'Giving up smoking is the easiest thing in the world. I know because I've done it thousands of times.'
About five weeks ago I stopped smoking tobacco. It was quite easy, involving no real suffering. I know, Mark Twain said 'giving up' was easy, but 'giving up' is doomed to fail, because you're depriving yourself of a source of pleasure. In my view, one of the purposes of being alive is to enjoy the pleasures of the flesh. Generally, if something is pleasurable, I see no reason to deny it to myself on a dubious promise that I may live a little longer. So, my giving-up efforts with tobacco were short-lived, and marked by the misery of the internal civil war brought on by self-denial.
Of course, like Austin Spare, you can make magical use of the stress of giving up. Spare would cast a spell, then place his cigarettes on an 'altar', denying himself that pleasure until he got his result. So, if you're going to put yourself through the pain of self-denial, at least do it in the service of some really worthwhile goal!
This time I stopped, rather than gave up. I used the method of Allen Carr (no, not the toothy TV comic), in his book 'How to Stop Smoking the Easy Way'. (http://allencarr.com/central/).

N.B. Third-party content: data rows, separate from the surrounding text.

-- ===== src/Doram/GigaDoram/Reachable.antt =====
-- The hierarchies that a program can reach: a new one, and what accesses make of it.
use gigadoram_rs.Base.{
  ℕ, zero, suc, ◌+◌, ◌*◌, ◌<◌, ◌≡◌, refl, subst, arith, List, [], ◌∷◌, Option, none, some, false,
  length, replicate, length-replicate,
}
use gigadoram_rs.Primitives.Value.{DoramValue}
use gigadoram_rs.DataStructures.SpeedCache
use gigadoram_rs.DataStructures.SpeedCache.Write.{skip-new_IsValid}
use gigadoram_rs.DataStructures.OhTable.Api.{OhTableApi}
use gigadoram_rs.Doram.Config.{GigaDoramConfig, amp_factor, speed_cache_size}
use gigadoram_rs.Doram.Config.Laws
use gigadoram_rs.Doram.Config.Laws.{validate_iff}
use gigadoram_rs.Doram.GigaDoram.State.{Level, GigaDoram, empty_level, new}
use gigadoram_rs.Doram.GigaDoram.Invariant.{IsValid, TableIsValid, LevelsValid, period, recent}
use gigadoram_rs.Doram.GigaDoram.Periods.{amp_positive, period-suc, period-zero, below_next}

module _ {V : Type 0} ⦃d : DoramValue V⦄ (api : OhTableApi V) where
  empty_levels-valid :
      (c : GigaDoramConfig) (level n : ℕ)
      → LevelsValid api c level 0 (replicate n (empty_level api))
  empty_levels-valid c level zero = tt
  empty_levels-valid c level (suc n) = (
    refl,
    (λ _. amp_positive c),
    subst (λ (w : ℕ). LevelsValid api c (suc level) w (replicate n (empty_level api))) (omega arith)
        (empty_levels-valid c (suc level) n),
  )

  -- For a valid configuration `new` succeeds, and gives a well-formed hierarchy whose cache has
  -- `fill_time` free slots.
  pub new-IsValid :
      (c : GigaDoramConfig)
      → Laws.IsValid c
      → (g : GigaDoram api) × (new api c ≡ some g)
        × IsValid api g
        × (g.config ≡ c)
        × (g.speed_cache.num_stored ≡ c.stash_size)
  unfolding new
  new-IsValid c v =
      let (cache, e, valid, count, size, log_size) =
        skip-new_IsValid (speed_cache_size c) c.log_address_space_size c.stash_size
          (omega (arith, v.stash_fits)) in
      let levels = replicate c.num_levels (empty_level api) in
      (
        record {
          config = c;
          speed_cache = cache;
          levels = levels;
          packed_query_key = none;
          packed_batch_query_keys = none;
          had_initial_bottom_level = false;
        },
        rw ((validate_iff c).1 v, e),
        record {
          config_valid = v;
          levels_length = length-replicate c.num_levels (empty_level api);
          cache_valid = valid;
          cache_length = size;
          cache_log = log_size;
          stash_stored = omega (arith, count);
          levels_valid =
              subst (λ (w : ℕ). LevelsValid api c 0 w levels) (omega (arith, count))
                (empty_levels-valid c 0 c.num_levels);
          keys_current = λ keys h. cc;
          batch_keys_current = λ count keys h. cc;
        },
        refl,
        count,
      )

  -- Every live table of the levels has dummies left.
  abbrev pub SpareTable : Option api.Table → Type 0
  SpareTable none = Unit {0}
  SpareTable (some t) = api.query_count t < (api.params t).num_dummies

  abbrev pub Spare : List (Level api.Table) → Type 0
  Spare [] = Unit {0}
  Spare (l ∷ ls) = SpareTable l.table × Spare ls

  spare_table :
      (c : GigaDoramConfig) (level accesses digit : ℕ) (table : Option api.Table)
      → TableIsValid api c level accesses digit table
      → accesses < period c level
      → SpareTable table
  spare_table c level accesses digit none valid lt = tt
  spare_table c level accesses digit (some t) serves lt = omega (arith, serves.used, serves.dummies)

  Spare-from :
      (c : GigaDoramConfig) (level accesses : ℕ) (ls : List (Level api.Table))
      → LevelsValid api c level accesses ls
      → accesses < period c level
      → level + length ls ≡ c.num_levels
      → Spare ls
  Spare-from c level accesses [] valid lt count = tt
  Spare-from c level accesses (l ∷ []) (valid, fits, rest) lt count =
      (spare_table c level accesses l.digit l.table valid lt, tt)
  Spare-from c level accesses (l ∷ m ∷ ls) (valid, fits, rest) lt count = (
    spare_table c level accesses l.digit l.table valid lt,
    Spare-from c (suc level) (accesses + l.digit * period c level) (m ∷ ls) rest
        (omega (
          arith,
          period-suc c level,
          below_next (amp_factor c) (period c level) accesses l.digit lt (fits (omega arith)),
        ))
        (omega arith),
  )

  -- As long as the cache of a well-formed hierarchy has a free slot, every live table has a dummy
  -- left for the next query: the assertion at the start of `OhTable::query` holds.
  pub query_budget :
      (g : GigaDoram api)
      → IsValid api g
      → g.speed_cache.num_stored < g.speed_cache.length
      → Spare g.levels
  query_budget g v room =
      Spare-from g.config 0 (recent api g) g.levels v.levels_valid
        (omega (arith, period-zero g.config, v.cache_length, v.stash_stored))
        (omega (arith, v.levels_length))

In 40 years of smoking and 13 of attempting to stop, it's the only method I've found that makes sense to me. I didn't manage to sustain the internal civil war of willpower, for the reasons outlined above. Methods based on fear are also non-starters - you only have to stand outside a hospital for a short while to notice that not only visitors but also staff are unmoved enough by the imminence of grisly death to be smoking their lungs out between witnessing terminal sickness. Warnings simply don't work.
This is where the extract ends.